We hadn’t earned this level of intimacy.
I wasn’t sure if we ever had. The two calls we’d had, while fond memories for me, were not exactly strong foundations for the kind of friendship this felt like.
I hadn’t spoken to him in so long, and yet…
It was one of those unexplainable things. I just felt like I knew him better than I should. Maybe I just wanted it to be like that.
With Becka, it had just sort of happened. We didn’t know each other, and then suddenly we were each others ride-or-dies, and had been ever since.
Sometimes you just got to be friends with another person, whether you took the time to get that way, or not.
A reason, or a season, my mum would have said.
Maybe Tae was my friend for a reason.
Breathless, I looked him over. He had white hair now, but otherwise seemed the same.
“It’s really you.” I hadn’t meant to say that. The words just slipped out.
His expression shifted into something softer.
“Yeah, Ky. Come on. We can’t hang out here, unless you want to get run over,” he hooked a thumb over his shoulder, indicating the streams of people around us, everyone in some kind of hurry.
He began to walk off in a direction he was clearly familiar with, and it was either keep up, or get left behind, so I followed.
He led me away from the immediate area of the stage, and into a quieter, but no less populated green space, that looked to be a camp site. I eyeballed the massive RVs, and figured this was probably where the acts were kept before going on stage.
As far as I knew, very few main acts actually slept on site. The better hotels nearby were booked out months in advance, but some of the smaller acts could stay on site if they wanted.
Maybe they stayed in the yurts I could see further away.
Poles criss-crossed the space from which festoon lighting hung, giving the whole area a sort of carnival vibe.
“Man, this place is much nicer than the camp site I got stuck in.”
I gaped, trying not to stare as Martin Chris from Hot Work walked past me.
We walked for a little while further until we got to a yurt that was cheerfully lit up with twinkly lights and Moroccan-style lamps.
The inside was straight out of an advert for an expensive glamping experience.
The floor was laid with wooden boards and covered in rugs.
There were comfy-looking sofas lining the walls, and little fridges filled with drinks and packages of food.
“I’m beginning to see where all the hospitality went, and it wasn’t the press area,” I whistled, taking it all in.
Tae laughed and moved over to one of the little fridges.
“Drink?” He offered.
“Is it cold?”
He chucked me a can, and I barely caught it, the cold metal sliding across my fingers.
“Cold enough?” He grinned at me, and I rolled my eyes.
I popped the tab, looking around at the fancy, but empty space that was easily big enough to accommodate all eight members of Sol8.
“Are we allowed to be in here?”
He scoffed. “Yes, Ky. Sit.”
He indicated to one of the over-stuffed couches, and I dutifully complied. Grateful to get off my feet for the first time in hours.

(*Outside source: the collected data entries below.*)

-- ===== src/Store/Items/Consistent/Ids.antt =====
-- The ids of items under insertion and deletion.
use homesink.Base.{
  ◌≡◌, refl, ◌∙◌, inl, inr, false, List, [], ◌∷◌, ◌++◌, none, Str, str_eq, str_eq_sound,
  str_eq_refl, select, delete, Bool-cases,
}
use homesink.Base.Table.{select-append_other, select-delete-none}
use homesink.Store.{ItemRow}
use homesink.Store.Stats.Aggregate.{UniqueIds, has_id}

str_eq_apart : (a b : Str) → str_eq a b ≡ false → str_eq b a ≡ false
str_eq_apart a b apart = elim (Bool-cases (str_eq b a)) [
  | inl h ↦ cc (apart, str_eq_refl a, str_eq_sound b a h)
  | inr h ↦ h
]

append_apart :
    (id : Str) (items : List ItemRow) (r : ItemRow)
    → select (has_id id) items ≡ none
    → str_eq r.item_id id ≡ false
    → select (has_id id) (items ++ r ∷ []) ≡ none
append_apart id items r fresh apart = select-append_other (has_id id) items r apart ∙ fresh

pub unique-append :
    (items : List ItemRow) (r : ItemRow)
    → select (has_id r.item_id) items ≡ none
    → UniqueIds items
    → UniqueIds (items ++ r ∷ [])
unfolding select
unique-append [] r f u = (refl, tt)
unique-append (it ∷ items) r f u = elim (Bool-cases (str_eq it.item_id r.item_id)) [
  | inl same ↦ cc (rw same at f)
  | inr other ↦ (
    append_apart it.item_id items r u.0 (str_eq_apart it.item_id r.item_id other),
    unique-append items r (rw other at f) u.1,
  )
]

pub unique-delete :
    (id : Str) (items : List ItemRow) → UniqueIds items → UniqueIds (delete (has_id id) items)
unfolding delete
unique-delete id [] u = tt
unique-delete id (it ∷ items) u = elim (Bool-cases (has_id id it)) [
  | inl same ↦ rw same (unique-delete id items u.1)
  | inr other ↦
      rw other
        (select-delete-none (has_id id) (has_id it.item_id) items u.0, unique-delete id items u.1)
]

He looked at me as he drank from his own can, cocking his head like he was trying to figure something out.
“You’re making me nervous,” I said honestly, sipping the cold beer.

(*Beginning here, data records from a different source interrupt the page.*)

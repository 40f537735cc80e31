-- ===== src/Store/Items/Consistent/Bodies.antt =====
-- What the body of each transaction on blobs, variants, items and devices keeps.
use homesink.Base.{
  ◌||◌, ℕ, ◌≡◌, refl, sym, ap, subst, ◌⊎◌, inl, inr, true, not, ◌&&◌, [], ◌∷◌, ◌++◌, Option, none,
  some, Str, leb, ◌==◌, select, update, affected, Bool-cases, Option-cases,
}
use homesink.Base.Table.{All-delete, All-append}
use homesink.Base.Int.{ℤ}
use homesink.Store.Devices.{
  Device, has_id, is_null, insert_device_tx, after_find, revoke_device_tx, touch_device_tx,
}
use homesink.Core.Types.{Item, Blob}
use homesink.Store.{
  Database, DeviceRow, BlobRow, ItemRow, BlobState, ok, err, StoreError, failure, already_exists,
  require_one_row,
}
use homesink.Store.Blobs.{
  insert_new_tx, is_media_type, is_blob_state, set_blob_state_tx, BlobVariant, is_blob, blob_row,
  insert_blob_tx, update_blob_tx, insert_blob_variant_tx, with_state,
}
use homesink.Store.Stats.{
  size_of, size, holds, is_joined, add_to_album_stats_tx, remove_from_album_stats_tx,
}
use homesink.Store.Stats.Derived.{IsConsistent, add-Counted, remove-Counted}
use homesink.Store.Items.{
  item_row, insert_row, after_insert, after_blob, after_join, join, with_size, is_item, at_path,
  known_device,
}
use homesink.Store.Tx.{After}
use homesink.Store.Items.Consistent.Sizes.{blobs-IsConsistent, append-SameSizes, update-SameSizes}
use homesink.Store.Items.Consistent.Ids.{unique-append, unique-delete}

pub insert_row-cases :
    (r : ItemRow) (db : Database)
    → ((e : StoreError) × (insert_row r db ≡ err e))
      ⊎ ((select (is_item r.item_id) db.items ≡ none)
          × (insert_row r db ≡ ok (record db { items = db.items ++ r ∷ [] })))
unfolding insert_row
insert_row-cases r db = elim (Bool-cases (not (leb 1 r.month && leb r.month 12))) [
  | inl bad ↦ inl (failure, rw bad refl)
  | inr month ↦ elim (Option-cases (select (is_item r.item_id) db.items)) [
    | inr (x, e) ↦ inl (already_exists, rw (month, e) refl)
    | inl e ↦ elim (Bool-cases (holds (select (at_path r.rel_path) db.items))) [
      | inl taken ↦ inl (already_exists, rw (month, e, taken) refl)
      | inr free ↦ elim (Bool-cases (not (known_device r.device_id db))) [
        | inl unknown ↦ inl (failure, rw (month, e, free, unknown) refl)
        | inr known ↦ inr (e, rw (month, e, free, known) refl)
      ]
    ]
  ]
]

pub after_blob-After :
    (it : Item) (db : Database) (o : Option ℕ)
    → size_of db.blobs it.hash ≡ o
    → IsConsistent db
    → After IsConsistent (after_blob it db o)
unfolding after_blob after_insert item_row add_to_album_stats_tx
after_blob-After it db none s c = tt
after_blob-After it db (some n) s c = elim (insert_row-cases (item_row it) db) [
  | inl (e, refused) ↦
      subst (λ x. After IsConsistent (after_insert (item_row it) n x)) (sym refused) tt
  | inr (fresh, inserted) ↦
      subst (λ x. After IsConsistent (after_insert (item_row it) n x)) (sym inserted)
        (record {
          unique = unique-append db.items (item_row it) fresh c.unique;
          placed =
              All-append (λ r. is_joined db.blobs r ≡ true) db.items (item_row it) c.placed
                (ap holds s);
          counted = add-Counted db (item_row it) n s c.counted;
        })
]

join-After :
    (id : Str) (db : Database) (r : ItemRow) (o : Option ℕ)
    → select (is_item id) db.items ≡ some r
    → size_of db.blobs r.hash ≡ o
    → IsConsistent db
    → After IsConsistent (after_join id db (with_size r o))
unfolding after_join remove_from_album_stats_tx
join-After id db r none f s c = tt
join-After id db r (some n) f s c = record {
  unique = unique-delete id db.items c.unique;
  placed = All-delete (λ x. is_joined db.blobs x ≡ true) (is_item id) db.items c.placed;
  counted = remove-Counted db id r n c.unique f s c.counted;
}

pub delete_item-After :
    (id : Str) (db : Database) (o : Option ItemRow)
    → select (is_item id) db.items ≡ o
    → IsConsistent db
    → After IsConsistent (after_join id db (join db.blobs o))
unfolding after_join
delete_item-After id db none f c = tt
delete_item-After id db (some r) f c = join-After id db r (size_of db.blobs r.hash) f refl c

insert_new-After :
    (b : Blob) (db : Database) → IsConsistent db → After IsConsistent (insert_new_tx b db)
unfolding insert_new_tx
insert_new-After b db c = elim (Option-cases (select (is_blob b.hash) db.blobs)) [
  | inl e ↦
      rw (e, insert_new_tx)
        (blobs-IsConsistent db (db.blobs ++ blob_row b ∷ [])
          (append-SameSizes db.blobs (blob_row b) db.items c.placed) c)
  | inr (r, e) ↦ rw (e, insert_new_tx) tt
]

pub insert_blob-After :
    (b : Blob) (db : Database) → IsConsistent db → After IsConsistent (insert_blob_tx b db)
unfolding insert_blob_tx
insert_blob-After b db c = elim (Bool-cases (is_media_type b.media_type)) [
  | inl t ↦ rw t (insert_new-After b db c)
  | inr t ↦ rw t tt
]

pub insert_variant-After :
    (v : BlobVariant) (db : Database)
    → IsConsistent db
    → After IsConsistent (insert_blob_variant_tx v db)
unfolding insert_blob_variant_tx
insert_variant-After v db c = elim (Option-cases (select (is_blob v.hash) db.blobs)) [
  | inl e ↦ rw (e, insert_blob_variant_tx) tt
  | inr (r, e) ↦
      rw (e, insert_blob_variant_tx)
        (record { unique = c.unique; placed = c.placed; counted = c.counted })
]

pub update_blob-After :
    (h : Str) (f : BlobRow → BlobRow) (db : Database)
    → ((b : BlobRow) → (f b).hash ≡ b.hash)
    → ((b : BlobRow) → (f b).size_bytes ≡ b.size_bytes)
    → IsConsistent db
    → After IsConsistent (update_blob_tx h f db)
unfolding update_blob_tx require_one_row
update_blob-After h f db hash size c = elim (Bool-cases (affected (is_blob h) db.blobs == 0)) [
  | inl e ↦ rw (e, update_blob_tx, require_one_row) tt
  | inr e ↦
      rw (e, update_blob_tx, require_one_row)
        (blobs-IsConsistent db (update (is_blob h) f db.blobs)
          (update-SameSizes h f db.blobs db.items hash size) c)
]

pub state-After :
    (h : Str) (s : BlobState) (db : Database)
    → IsConsistent db
    → After IsConsistent (set_blob_state_tx h s db)
unfolding set_blob_state_tx
state-After h s db c = elim (Bool-cases (is_blob_state s || affected (is_blob h) db.blobs == 0)) [
  | inl t ↦ rw t (update_blob-After h (with_state s) db (λ b. refl) (λ b. refl) c)
  | inr t ↦ rw t tt
]

pub insert_device-After :
    (d : Device) (db : Database) → IsConsistent db → After IsConsistent (insert_device_tx d db)
unfolding insert_device_tx
insert_device-After d db c = elim (Option-cases (select (has_id d.device_id) db.devices)) [
  | inl e ↦
      rw (e, insert_device_tx)
        (record { unique = c.unique; placed = c.placed; counted = c.counted })
  | inr (r, e) ↦ rw (e, insert_device_tx) tt
]

after_find-After :
    (now : ℕ) (id : Str) (db : Database) (o : Option DeviceRow)
    → IsConsistent db
    → After IsConsistent (after_find now id db o)
unfolding after_find
after_find-After now id db none c = tt
after_find-After now id db (some r) c = elim (Bool-cases (is_null r.revoked_at)) [
  | inl t ↦ rw t (record { unique = c.unique; placed = c.placed; counted = c.counted })
  | inr t ↦ rw t c
]

pub revoke_device-After :
    (now : ℕ) (id : Str) (db : Database)
    → IsConsistent db
    → After IsConsistent (revoke_device_tx now id db)
unfolding revoke_device_tx
revoke_device-After now id db = after_find-After now id db (select (has_id id) db.devices)

pub touch_device-After :
    (now : ℕ) (id : Str) (version : ℤ) (db : Database)
    → IsConsistent db
    → After IsConsistent (touch_device_tx now id version db)
unfolding touch_device_tx
touch_device-After now id version db c = elim (Bool-cases (affected (has_id id) db.devices == 0)) [
  | inl t ↦ rw t tt
  | inr t ↦ rw t (record { unique = c.unique; placed = c.placed; counted = c.counted })
]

“Sorry,” he shrugged, “it’s just weird seeing you again. I pretty much thought I never would.”
It wasn’t an unrealistic expectation, but the words sent an unexpected shot through me. It wasn’t a direct association with Taeyang, necessarily, but the life he represented to me. That period of time. It made my heart sink to admit that the idea of that time of my life being over still upset me.
“Where’s the rest of the group?” I asked quickly.
“Back at the hotel.” He folded his legs underneath him as he sat on the floor.
“You’re here alone?” I didn’t bother to hide my surprise.
He snorted. “Not quite. I have a manager and a bodyguard sat outside. You didn’t see them?”
I thought back to when we’d approached the yurt.
“Honestly, I was distracted by this outrageous display of opulence,” I waved my beer around to indicate said opulence.
“Eunsong!” He called, and a moment later, a well-groomed man appeared in the doorway, looking at Taeyang.
“Say hi to Kaiya,” he said in Korean.